The CFD looks a bit funny as I think we still rejected items that were incorrectly analysed (although Karl’s rules say we could pass rejected work back for improvement)
The first items were delivered after 3:00 and you can the regular delivery intervals at 6:00 and 9:00, typical of a time-boxed approach.
Round 3 – Flow
During the flow round, people retained their specialisms, but each team member was very quick to help out at other stages, in order to keep the work flowing as quickly as possible.

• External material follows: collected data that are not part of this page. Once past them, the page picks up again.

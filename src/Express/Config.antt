-- ===== src/Express/Config.antt =====
-- src/primihub/executor/express.{h,cc}: `ColumnConfig`, which knows the owner and the type of each
-- column.
use primihub.Prelude.{
  ℕ, Bool, true, false, not, ◌&&◌, Option, none, some, [], ◌∷◌, nat_beq, if◌then◌else◌, is_set,
  Bytes, length,
}
use primihub.Prelude.Dict.{Dict, lookup, insert}

pub data ColDtype : Type 0 where
  int64 fp64 : ColDtype

pub record ColumnConfig : Type 0 where
  pub party_id : ℕ
  pub col_owner : Dict ℕ
  pub col_dtype : Dict ColDtype
  pub local_col : Dict Bool

abbrev new_config : ℕ → ColumnConfig
new_config party_id = record { party_id = party_id; col_owner = []; col_dtype = []; local_col = [] }

-- A code, where `n` is `-n`, and the new state.
unfoldable pub import_column_dtype : Bytes → ColDtype → ColumnConfig → ℕ × ColumnConfig
unfolding lookup insert
import_column_dtype col_name dtype cfg =
    if is_set (lookup col_name cfg.col_dtype)
    then (1, cfg)
    else (0, record cfg { col_dtype = insert col_name dtype cfg.col_dtype })

-- From here on, `none` is an exception.
unfoldable pub import_column_owner : Bytes → ℕ → ColumnConfig → Option ColumnConfig
unfolding lookup insert
import_column_owner col_name party_id cfg =
    if is_set (lookup col_name cfg.col_owner)
    then none
    else some (record cfg { col_owner = insert col_name party_id cfg.col_owner })

-- The code, which is 0, and the type.
unfoldable pub get_column_dtype : Bytes → ColumnConfig → Option (ℕ × ColDtype)
unfolding lookup
get_column_dtype col_name cfg = elim (lookup col_name cfg.col_dtype) [
  | none ↦ none
  | some dtype ↦ some (0, dtype)
]

-- Whether each owned column has a type.
unfoldable pub all_typed : Dict ℕ → Dict ColDtype → Bool
unfolding lookup
all_typed [] col_dtype = true
all_typed ((col_name, owner) ∷ col_owner) col_dtype =
    is_set (lookup col_name col_dtype) && all_typed col_owner col_dtype

-- The loop that fills `local_col_`.
unfoldable pub insert_localities : ℕ → Dict ℕ → Dict Bool → Dict Bool
unfolding insert
insert_localities party_id [] local_col = local_col
insert_localities party_id ((col_name, owner) ∷ col_owner) local_col =
    insert_localities party_id col_owner (insert col_name (nat_beq owner party_id) local_col)

unfoldable pub resolve_local_column : ColumnConfig → Option ColumnConfig
unfolding all_typed insert_localities
resolve_local_column cfg =
    if not (nat_beq (length cfg.col_dtype) (length cfg.col_owner))
    then none
    else if not (all_typed cfg.col_owner cfg.col_dtype)
    then none
    else some
        (record cfg { local_col = insert_localities cfg.party_id cfg.col_owner cfg.local_col })

unfoldable pub get_column_locality : Bytes → ColumnConfig → Option Bool
unfolding lookup
get_column_locality col_name cfg = lookup col_name cfg.local_col

unfoldable pub has_fp64 : Dict ColDtype → Bool
has_fp64 [] = false
has_fp64 ((col_name, fp64) ∷ col_dtype) = true
has_fp64 ((col_name, int64) ∷ col_dtype) = has_fp64 col_dtype

abbrev pub has_fp64_column : ColumnConfig → Bool
has_fp64_column cfg = has_fp64 cfg.col_dtype

unfoldable clean_config : ColumnConfig → ColumnConfig
clean_config cfg = record cfg { col_owner = []; col_dtype = []; local_col = [] }
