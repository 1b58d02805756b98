-- ===== src/Express/Mode.antt =====
-- src/primihub/executor/express.{h,cc}: `importExpress`, `resolveRunMode` and `createTokenValue`.
use primihub.Prelude.{
  ◌==◌, ℕ, Bool, true, false, ◌||◌, Option, none, some, List, [], ◌∷◌, nat_beq, if◌then◌else◌,
  Bytes,
}
use primihub.Prelude.Dict.{Dict, lookup, insert}
use primihub.Express.Parse.{over, is_operator_token, parse_express, check_express}
use primihub.Express.Config.{
  ColumnConfig, get_column_dtype, get_column_locality, resolve_local_column, has_fp64_column,
}
use primihub.Express.Value.{TokenValue, column, constant, remote}

-- The code, where 1 is -1, and the new `suffix_stk_`; `none` is a read beyond the text.
unfoldable pub import_express : Bytes → List Bytes → Option (ℕ × List Bytes)
unfolding parse_express check_express
import_express expr suffix_stk = elim (parse_express expr suffix_stk) [
  | none ↦ none
  | some suffix ↦ if check_express suffix then some (0, suffix) else some (1, suffix)
]

-- `COLUMN` and `VALUE`.
pub data TokenType : Type 0 where
  column_type value_type : TokenType

abbrev point : ℕ
point = 46

-- `token.find(".")`.
abbrev has_point : Bytes → Bool
has_point [] = false
has_point (c ∷ s) = nat_beq c point || has_point s

-- The loop: the types of the tokens, `has_div_op` and `has_fp64_val`. `none` is an exception.
unfoldable pub resolve_tokens :
    ColumnConfig → List Bytes → Dict TokenType → Bool → Bool → Option (Dict TokenType × Bool × Bool)
unfolding is_operator_token get_column_dtype insert
resolve_tokens cfg [] types has_div_op has_fp64_val = some (types, has_div_op, has_fp64_val)
resolve_tokens cfg (token ∷ suffix) types has_div_op has_fp64_val = elim (is_operator_token token) [
  | true ↦ resolve_tokens cfg suffix types (has_div_op || (token == (over ∷ []))) has_fp64_val
  | false ↦ elim (get_column_dtype token cfg) [
    | none ↦ none
    | some (code, dtype) ↦ elim (nat_beq code 0) [
      | true ↦ resolve_tokens cfg suffix (insert token column_type types) has_div_op has_fp64_val
      | false ↦
          resolve_tokens cfg suffix (insert token value_type types) has_div_op
            (has_fp64_val || has_point token)
    ]
  ]
]

-- The configuration, the types of the tokens, and `fp64_run_`.
unfoldable pub resolve_run_mode :
    List Bytes → ColumnConfig → Dict TokenType → Option (ColumnConfig × Dict TokenType × Bool)
unfolding resolve_local_column resolve_tokens
resolve_run_mode suffix_stk cfg types = elim (resolve_local_column cfg) [
  | none ↦ none
  | some resolved ↦ elim (resolve_tokens resolved suffix_stk types false false) [
    | none ↦ none
    | some (types2, has_div_op, has_fp64_val) ↦
        some (resolved, types2, has_div_op || (has_fp64_column resolved || has_fp64_val))
  ]
]

-- `token_type_map_[token]`, which is `COLUMN` for a token that is not there.
unfoldable pub type_of : Bytes → Dict TokenType → TokenType
unfolding lookup
type_of token types = elim (lookup token types) [ none ↦ column_type | some type ↦ type ]

-- `createTokenValue` of the shared run, in one run mode: `get` is `getColumnValues` in it, `number` is
-- `std::stod` or `atol`. `none` is the code -2 or an exception.
unfoldable pub create_token_value :
    {V Share : Type 0}
    → Dict TokenType
    → ColumnConfig
    → (Bytes → Option (ℕ × List V))
    → (Bytes → Option V)
    → Bytes
    → Option (TokenValue V Share)
unfolding type_of get_column_locality
create_token_value types cfg get number token = elim (type_of token types) [
  | column_type ↦ elim (get_column_locality token cfg) [
    | none ↦ none
    | some false ↦ some (remote token)
    | some true ↦ elim (get token) [
      | none ↦ none
      | some (code, vec) ↦ if nat_beq code 0 then some (column vec) else none
    ]
  ]
  | value_type ↦ elim (number token) [ none ↦ none | some c ↦ some (constant c) ]
]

Initially, those working in the earlier stages took a little getting used to the idea of not building up queues, but we soon got the hang of it.
The limiting of WIP to a single item in each stage forced us to swarm onto the tricky items. Everyone was busier – it ‘felt faster’.
We’ve had some success with this in our actual delivery teams – the idea of Developers helping out with testing, in order to keep queue sizes down – but I must admit it’s sometimes tricky to get an entire team into the mindset of working outside their specialisms, ‘for the good of the flow’.
Here’s the CFD –
The total items delivered was 7, which blows away the other rounds.
You can see we were delivering items into production as early as 2:00 into the round. So not only did we deliver more in total, but we got products to market much earlier. This is so useful in real life as we can be getting early feedback, which helps us to build even better products and services.
The fastest cycle time for an individual item was 2:00
Delivering faster in the final round could be partly down to learning and practice – I know I was getting more familiar with building some of the Lego kits.
With this in mind, it would be interesting to run the session with a group who haven’t done it before, but doing the rounds in reverse order. Or maybe have multiple groups doing the rounds in different orders.
What else did we learn
* Limiting WIP really does work. The challenge is to take that into a real setting where specialists are delivering real products.
* I’ve used other kanban simulation tools like the coin-flip game and GetKanban. This Lego Flow Game seemed to have enough complexity to make it realistic, but kept it simple enough to be able to focus on what we’re learning from the exercise.
* Identifying Lego pieces inside plastic tubs is harder than you’d think.
Overall a neat and fun exercise, to get the whole team thinking about how work flows, and how their work fits into the bigger picture of delivering a product.